◆ Assigned task
Go through the listing below and output exactly the line with "(r : Round D) (s : Client) (k : ℕ) (w", the line with "wakes-IsWithin r s k w e", and each line between; omit the rest.
### Available data ###
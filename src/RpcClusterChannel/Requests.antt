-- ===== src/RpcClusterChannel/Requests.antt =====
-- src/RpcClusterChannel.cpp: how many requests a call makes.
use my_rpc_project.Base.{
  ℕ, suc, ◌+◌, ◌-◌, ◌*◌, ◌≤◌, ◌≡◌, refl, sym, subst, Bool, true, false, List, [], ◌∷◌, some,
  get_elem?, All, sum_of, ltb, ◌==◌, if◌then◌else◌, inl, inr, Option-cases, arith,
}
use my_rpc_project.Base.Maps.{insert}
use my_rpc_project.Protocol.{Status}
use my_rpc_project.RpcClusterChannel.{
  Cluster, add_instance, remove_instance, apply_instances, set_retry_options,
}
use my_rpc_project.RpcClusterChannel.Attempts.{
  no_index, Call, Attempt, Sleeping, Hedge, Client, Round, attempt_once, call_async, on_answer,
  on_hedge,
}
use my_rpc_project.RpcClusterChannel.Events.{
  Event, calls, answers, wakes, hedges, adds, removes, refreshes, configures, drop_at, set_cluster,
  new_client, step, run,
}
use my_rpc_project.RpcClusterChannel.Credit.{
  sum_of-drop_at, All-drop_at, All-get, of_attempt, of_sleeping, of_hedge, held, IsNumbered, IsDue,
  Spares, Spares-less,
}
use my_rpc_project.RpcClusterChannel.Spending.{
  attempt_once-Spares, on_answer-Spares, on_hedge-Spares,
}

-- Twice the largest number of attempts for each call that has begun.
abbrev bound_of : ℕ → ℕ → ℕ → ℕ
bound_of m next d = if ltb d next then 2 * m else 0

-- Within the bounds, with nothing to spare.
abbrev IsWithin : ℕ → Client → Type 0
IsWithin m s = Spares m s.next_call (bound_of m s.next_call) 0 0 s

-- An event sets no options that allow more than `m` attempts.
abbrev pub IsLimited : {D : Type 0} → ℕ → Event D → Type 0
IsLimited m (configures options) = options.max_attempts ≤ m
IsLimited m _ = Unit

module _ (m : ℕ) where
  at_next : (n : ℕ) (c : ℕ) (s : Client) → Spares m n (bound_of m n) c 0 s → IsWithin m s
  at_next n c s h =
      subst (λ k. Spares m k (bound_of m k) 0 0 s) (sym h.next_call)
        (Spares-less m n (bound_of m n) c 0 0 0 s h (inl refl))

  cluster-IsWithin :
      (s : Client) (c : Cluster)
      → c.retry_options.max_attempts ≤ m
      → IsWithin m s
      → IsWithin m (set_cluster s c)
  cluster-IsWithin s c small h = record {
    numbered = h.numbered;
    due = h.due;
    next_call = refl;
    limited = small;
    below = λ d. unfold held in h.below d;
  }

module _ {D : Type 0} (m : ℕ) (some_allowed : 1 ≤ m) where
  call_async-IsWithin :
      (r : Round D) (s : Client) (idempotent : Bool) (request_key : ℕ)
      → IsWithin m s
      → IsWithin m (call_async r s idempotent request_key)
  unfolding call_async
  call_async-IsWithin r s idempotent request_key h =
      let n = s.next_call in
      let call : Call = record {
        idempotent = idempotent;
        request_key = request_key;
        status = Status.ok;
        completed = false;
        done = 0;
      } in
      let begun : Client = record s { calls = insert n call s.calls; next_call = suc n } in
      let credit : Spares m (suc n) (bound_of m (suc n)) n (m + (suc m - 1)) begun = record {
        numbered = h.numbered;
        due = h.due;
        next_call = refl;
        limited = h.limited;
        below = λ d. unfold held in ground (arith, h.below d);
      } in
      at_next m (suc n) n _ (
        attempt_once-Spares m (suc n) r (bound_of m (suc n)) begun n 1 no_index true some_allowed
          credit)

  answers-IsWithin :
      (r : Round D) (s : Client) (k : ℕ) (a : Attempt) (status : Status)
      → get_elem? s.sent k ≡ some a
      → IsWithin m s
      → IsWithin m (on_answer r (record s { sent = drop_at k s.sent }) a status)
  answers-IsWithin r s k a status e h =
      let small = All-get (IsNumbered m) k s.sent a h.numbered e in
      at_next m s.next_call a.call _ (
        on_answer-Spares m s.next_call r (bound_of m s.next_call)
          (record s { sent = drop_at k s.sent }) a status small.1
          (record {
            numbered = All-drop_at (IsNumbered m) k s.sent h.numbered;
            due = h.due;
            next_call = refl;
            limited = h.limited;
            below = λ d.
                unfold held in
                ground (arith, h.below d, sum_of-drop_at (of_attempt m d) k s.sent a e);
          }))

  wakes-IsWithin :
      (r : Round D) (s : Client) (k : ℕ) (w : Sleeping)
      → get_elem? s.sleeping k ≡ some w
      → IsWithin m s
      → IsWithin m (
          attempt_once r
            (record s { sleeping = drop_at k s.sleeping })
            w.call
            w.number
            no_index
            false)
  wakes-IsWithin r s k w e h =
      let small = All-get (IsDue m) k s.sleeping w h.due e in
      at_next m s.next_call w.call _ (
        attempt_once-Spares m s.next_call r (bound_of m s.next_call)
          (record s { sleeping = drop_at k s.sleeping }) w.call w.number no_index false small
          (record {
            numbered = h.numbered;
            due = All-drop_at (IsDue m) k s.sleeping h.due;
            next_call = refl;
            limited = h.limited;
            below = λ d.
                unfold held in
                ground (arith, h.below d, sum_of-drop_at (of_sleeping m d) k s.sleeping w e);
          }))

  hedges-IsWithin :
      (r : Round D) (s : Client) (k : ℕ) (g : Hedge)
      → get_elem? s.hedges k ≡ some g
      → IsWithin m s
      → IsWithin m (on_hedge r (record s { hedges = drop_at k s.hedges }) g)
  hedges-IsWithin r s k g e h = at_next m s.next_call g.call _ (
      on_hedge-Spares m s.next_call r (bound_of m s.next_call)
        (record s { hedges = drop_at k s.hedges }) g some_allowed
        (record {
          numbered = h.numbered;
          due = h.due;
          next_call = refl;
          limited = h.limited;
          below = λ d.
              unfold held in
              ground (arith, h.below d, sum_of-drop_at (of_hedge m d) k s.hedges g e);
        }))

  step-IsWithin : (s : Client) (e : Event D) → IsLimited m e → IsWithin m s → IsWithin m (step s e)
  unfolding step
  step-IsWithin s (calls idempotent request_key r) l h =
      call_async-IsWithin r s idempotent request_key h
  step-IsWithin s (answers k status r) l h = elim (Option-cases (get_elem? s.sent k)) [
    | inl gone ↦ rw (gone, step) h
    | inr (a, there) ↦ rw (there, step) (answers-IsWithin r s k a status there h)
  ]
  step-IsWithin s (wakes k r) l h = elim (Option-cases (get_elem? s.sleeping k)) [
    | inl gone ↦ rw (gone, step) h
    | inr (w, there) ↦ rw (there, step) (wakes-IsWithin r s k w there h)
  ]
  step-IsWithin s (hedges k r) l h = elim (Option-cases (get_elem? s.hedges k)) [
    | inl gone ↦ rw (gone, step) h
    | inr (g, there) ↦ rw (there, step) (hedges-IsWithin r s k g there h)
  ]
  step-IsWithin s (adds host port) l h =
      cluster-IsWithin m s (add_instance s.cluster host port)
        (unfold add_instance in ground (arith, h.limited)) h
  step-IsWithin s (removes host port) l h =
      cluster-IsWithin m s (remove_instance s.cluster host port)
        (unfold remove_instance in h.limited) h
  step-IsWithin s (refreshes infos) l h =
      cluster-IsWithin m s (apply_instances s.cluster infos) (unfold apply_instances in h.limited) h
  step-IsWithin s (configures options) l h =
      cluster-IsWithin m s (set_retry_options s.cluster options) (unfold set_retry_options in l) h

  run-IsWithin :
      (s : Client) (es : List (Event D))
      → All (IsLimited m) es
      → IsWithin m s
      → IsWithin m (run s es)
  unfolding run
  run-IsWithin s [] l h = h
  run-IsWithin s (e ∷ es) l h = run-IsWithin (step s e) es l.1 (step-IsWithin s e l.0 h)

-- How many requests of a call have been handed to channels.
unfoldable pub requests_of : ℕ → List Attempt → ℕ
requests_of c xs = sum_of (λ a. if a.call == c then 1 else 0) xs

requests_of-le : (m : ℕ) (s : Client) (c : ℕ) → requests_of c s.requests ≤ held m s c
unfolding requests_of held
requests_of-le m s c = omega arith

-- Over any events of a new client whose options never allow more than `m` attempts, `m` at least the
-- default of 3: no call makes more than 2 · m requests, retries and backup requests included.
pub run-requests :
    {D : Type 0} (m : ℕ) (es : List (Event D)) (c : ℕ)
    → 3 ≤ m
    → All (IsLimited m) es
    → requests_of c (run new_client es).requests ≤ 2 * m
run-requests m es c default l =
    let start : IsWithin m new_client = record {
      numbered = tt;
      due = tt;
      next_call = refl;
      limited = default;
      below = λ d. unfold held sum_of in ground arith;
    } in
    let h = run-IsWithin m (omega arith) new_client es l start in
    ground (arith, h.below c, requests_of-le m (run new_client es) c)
###
◆ Result
      (r : Round D) (s : Client) (k : ℕ) (w : Sleeping)
      → get_elem? s.sleeping k ≡ some w
      → IsWithin m s
      → IsWithin m (
          attempt_once r
            (record s { sleeping = drop_at k s.sleeping })
            w.call
            w.number
            no_index
            false)
  wakes-IsWithin r s k w e h =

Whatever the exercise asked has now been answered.